## Exercise prompt
Beginning with the first line, please return the entries exactly through the line that contains "abbrev pub AreOlder : TypeTable → Type 0", and leave out all later lines.
** Opening Records supplied block **
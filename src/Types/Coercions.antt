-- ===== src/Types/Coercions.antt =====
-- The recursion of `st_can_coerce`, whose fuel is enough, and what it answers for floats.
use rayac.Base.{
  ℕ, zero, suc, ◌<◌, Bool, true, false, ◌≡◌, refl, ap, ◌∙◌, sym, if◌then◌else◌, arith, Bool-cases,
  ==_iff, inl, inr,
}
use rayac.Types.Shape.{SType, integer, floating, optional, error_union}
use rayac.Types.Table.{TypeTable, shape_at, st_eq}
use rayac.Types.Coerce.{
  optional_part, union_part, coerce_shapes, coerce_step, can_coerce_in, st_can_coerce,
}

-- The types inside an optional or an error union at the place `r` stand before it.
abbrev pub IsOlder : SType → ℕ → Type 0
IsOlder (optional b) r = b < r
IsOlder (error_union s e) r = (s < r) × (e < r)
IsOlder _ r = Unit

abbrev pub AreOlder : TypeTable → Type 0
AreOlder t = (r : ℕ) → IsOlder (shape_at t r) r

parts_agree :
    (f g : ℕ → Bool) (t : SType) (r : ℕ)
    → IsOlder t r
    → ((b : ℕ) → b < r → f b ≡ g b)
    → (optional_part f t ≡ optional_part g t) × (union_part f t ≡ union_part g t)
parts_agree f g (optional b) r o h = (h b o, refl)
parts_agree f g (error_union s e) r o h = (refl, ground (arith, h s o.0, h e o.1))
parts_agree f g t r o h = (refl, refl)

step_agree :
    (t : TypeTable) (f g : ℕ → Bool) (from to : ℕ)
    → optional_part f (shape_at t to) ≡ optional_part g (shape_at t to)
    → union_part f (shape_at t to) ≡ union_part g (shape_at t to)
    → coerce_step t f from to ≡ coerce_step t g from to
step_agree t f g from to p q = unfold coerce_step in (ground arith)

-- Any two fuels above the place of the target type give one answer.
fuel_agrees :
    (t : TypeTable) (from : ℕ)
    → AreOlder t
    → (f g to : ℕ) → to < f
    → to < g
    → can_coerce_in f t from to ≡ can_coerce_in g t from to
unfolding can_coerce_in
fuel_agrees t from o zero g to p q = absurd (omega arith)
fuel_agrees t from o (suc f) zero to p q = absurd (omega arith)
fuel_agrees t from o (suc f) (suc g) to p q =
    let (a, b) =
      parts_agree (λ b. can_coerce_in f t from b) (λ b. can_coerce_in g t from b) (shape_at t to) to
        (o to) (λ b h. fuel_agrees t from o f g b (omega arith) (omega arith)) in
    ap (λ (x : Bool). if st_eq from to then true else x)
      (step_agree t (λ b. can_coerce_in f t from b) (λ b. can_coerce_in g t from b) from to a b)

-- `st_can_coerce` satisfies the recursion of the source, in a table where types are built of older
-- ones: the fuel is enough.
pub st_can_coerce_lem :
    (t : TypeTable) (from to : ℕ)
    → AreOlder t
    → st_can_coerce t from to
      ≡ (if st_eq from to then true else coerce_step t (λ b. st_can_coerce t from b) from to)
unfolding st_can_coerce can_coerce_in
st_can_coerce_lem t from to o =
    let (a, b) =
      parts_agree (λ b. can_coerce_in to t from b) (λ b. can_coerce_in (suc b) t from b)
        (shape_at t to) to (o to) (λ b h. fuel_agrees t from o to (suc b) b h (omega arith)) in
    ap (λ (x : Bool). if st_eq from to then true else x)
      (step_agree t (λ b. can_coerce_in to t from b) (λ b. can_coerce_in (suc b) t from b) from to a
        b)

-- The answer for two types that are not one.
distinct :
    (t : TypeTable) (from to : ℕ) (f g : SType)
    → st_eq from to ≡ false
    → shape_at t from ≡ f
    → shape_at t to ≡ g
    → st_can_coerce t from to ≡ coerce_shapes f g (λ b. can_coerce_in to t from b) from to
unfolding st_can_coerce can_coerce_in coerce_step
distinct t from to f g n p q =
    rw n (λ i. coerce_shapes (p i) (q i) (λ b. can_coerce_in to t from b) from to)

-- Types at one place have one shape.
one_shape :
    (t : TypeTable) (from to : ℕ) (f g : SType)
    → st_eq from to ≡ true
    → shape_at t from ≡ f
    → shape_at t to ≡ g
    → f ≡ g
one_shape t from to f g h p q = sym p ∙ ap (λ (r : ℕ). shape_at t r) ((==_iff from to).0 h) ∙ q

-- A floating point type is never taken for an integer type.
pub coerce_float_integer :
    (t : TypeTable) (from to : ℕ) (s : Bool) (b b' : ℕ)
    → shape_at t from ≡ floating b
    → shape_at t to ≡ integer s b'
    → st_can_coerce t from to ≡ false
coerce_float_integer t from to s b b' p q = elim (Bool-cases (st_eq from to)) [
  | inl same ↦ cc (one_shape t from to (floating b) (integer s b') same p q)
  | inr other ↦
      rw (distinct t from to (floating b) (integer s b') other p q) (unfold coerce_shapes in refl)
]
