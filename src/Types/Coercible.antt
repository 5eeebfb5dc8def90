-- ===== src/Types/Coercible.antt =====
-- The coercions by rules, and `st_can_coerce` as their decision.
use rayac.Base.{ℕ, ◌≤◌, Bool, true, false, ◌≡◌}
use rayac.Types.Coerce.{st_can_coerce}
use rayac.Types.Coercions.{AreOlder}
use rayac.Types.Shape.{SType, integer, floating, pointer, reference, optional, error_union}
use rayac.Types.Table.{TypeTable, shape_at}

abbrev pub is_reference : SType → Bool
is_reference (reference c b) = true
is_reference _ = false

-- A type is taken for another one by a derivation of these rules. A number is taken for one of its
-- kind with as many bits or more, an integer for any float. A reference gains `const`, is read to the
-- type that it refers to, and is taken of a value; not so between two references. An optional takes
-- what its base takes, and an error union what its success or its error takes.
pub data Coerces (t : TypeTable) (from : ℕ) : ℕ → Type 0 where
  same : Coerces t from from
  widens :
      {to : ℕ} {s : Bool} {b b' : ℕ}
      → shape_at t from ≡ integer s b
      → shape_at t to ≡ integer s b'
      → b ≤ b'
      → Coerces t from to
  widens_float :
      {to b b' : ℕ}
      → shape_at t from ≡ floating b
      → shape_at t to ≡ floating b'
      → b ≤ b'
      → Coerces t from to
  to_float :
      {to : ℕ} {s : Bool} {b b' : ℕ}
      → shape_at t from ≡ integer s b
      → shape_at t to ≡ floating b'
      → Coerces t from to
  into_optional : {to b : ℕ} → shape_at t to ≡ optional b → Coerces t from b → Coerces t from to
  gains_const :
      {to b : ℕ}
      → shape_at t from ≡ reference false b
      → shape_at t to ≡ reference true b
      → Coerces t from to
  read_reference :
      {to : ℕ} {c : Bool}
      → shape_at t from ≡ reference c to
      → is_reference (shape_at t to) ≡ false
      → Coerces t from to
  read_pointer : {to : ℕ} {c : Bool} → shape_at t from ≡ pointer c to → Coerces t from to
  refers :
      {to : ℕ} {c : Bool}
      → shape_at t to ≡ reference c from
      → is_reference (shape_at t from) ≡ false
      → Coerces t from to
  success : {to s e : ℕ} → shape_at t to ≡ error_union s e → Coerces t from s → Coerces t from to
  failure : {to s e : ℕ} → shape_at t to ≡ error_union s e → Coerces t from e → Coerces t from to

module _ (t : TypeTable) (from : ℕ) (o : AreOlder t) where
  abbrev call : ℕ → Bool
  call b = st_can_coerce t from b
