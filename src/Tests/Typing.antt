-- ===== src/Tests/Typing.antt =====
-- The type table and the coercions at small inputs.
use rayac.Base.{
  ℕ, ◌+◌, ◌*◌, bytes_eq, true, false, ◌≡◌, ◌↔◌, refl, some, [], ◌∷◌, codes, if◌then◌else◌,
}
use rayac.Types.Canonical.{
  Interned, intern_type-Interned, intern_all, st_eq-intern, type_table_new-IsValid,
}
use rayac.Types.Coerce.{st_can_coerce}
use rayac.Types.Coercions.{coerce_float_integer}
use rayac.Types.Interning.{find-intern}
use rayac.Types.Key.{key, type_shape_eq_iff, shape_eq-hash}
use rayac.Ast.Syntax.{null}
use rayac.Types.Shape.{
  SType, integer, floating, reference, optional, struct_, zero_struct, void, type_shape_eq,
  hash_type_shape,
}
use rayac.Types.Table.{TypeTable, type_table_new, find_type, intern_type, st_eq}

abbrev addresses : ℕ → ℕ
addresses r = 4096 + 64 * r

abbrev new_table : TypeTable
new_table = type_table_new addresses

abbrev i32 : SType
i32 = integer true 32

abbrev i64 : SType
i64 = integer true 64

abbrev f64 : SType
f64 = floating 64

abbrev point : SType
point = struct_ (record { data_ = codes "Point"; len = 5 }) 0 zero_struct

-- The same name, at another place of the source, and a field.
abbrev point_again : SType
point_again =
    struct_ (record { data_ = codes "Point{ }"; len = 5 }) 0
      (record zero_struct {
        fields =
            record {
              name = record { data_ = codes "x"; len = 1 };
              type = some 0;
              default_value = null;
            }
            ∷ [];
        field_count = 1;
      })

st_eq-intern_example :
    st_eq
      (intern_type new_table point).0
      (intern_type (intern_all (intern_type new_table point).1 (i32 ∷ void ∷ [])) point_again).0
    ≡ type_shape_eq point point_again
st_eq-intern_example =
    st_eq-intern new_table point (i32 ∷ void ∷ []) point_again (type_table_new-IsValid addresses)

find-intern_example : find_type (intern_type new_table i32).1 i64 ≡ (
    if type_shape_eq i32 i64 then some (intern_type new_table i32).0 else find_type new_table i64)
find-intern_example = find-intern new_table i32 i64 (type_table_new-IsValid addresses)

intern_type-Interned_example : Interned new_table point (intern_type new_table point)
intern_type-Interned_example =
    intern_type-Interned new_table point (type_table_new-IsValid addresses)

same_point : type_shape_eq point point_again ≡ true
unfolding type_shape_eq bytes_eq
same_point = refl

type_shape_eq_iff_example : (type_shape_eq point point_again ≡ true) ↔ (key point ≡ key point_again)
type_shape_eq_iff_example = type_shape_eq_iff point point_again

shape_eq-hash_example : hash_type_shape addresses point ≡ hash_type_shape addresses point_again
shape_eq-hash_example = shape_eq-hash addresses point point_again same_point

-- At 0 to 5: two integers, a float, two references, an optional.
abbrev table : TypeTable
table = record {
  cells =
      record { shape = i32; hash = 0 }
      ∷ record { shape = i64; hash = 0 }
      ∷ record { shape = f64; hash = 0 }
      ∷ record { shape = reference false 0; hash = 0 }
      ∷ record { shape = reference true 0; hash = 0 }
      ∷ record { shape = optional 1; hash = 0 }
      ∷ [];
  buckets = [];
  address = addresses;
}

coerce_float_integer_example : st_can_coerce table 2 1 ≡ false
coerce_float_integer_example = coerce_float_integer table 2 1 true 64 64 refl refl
** Closing Records supplied block **
## Output
filename src/Types/Coercions.antt
-- ===== src/Types/Coercions.antt =====
-- The recursion of `st_can_coerce`, whose fuel is enough, and what it answers for floats.
use rayac.Base.{
  ℕ, zero, suc, ◌<◌, Bool, true, false, ◌≡◌, refl, ap, ◌∙◌, sym, if◌then◌else◌, arith, Bool-cases,
  ==_iff, inl, inr,
}
use rayac.Types.Shape.{SType, integer, floating, optional, error_union}
use rayac.Types.Table.{TypeTable, shape_at, st_eq}
use rayac.Types.Coerce.{
  optional_part, union_part, coerce_shapes, coerce_step, can_coerce_in, st_can_coerce,
}

-- The types inside an optional or an error union at the place `r` stand before it.
abbrev pub IsOlder : SType → ℕ → Type 0
IsOlder (optional b) r = b < r
IsOlder (error_union s e) r = (s < r) × (e < r)
IsOlder _ r = Unit

abbrev pub AreOlder : TypeTable → Type 0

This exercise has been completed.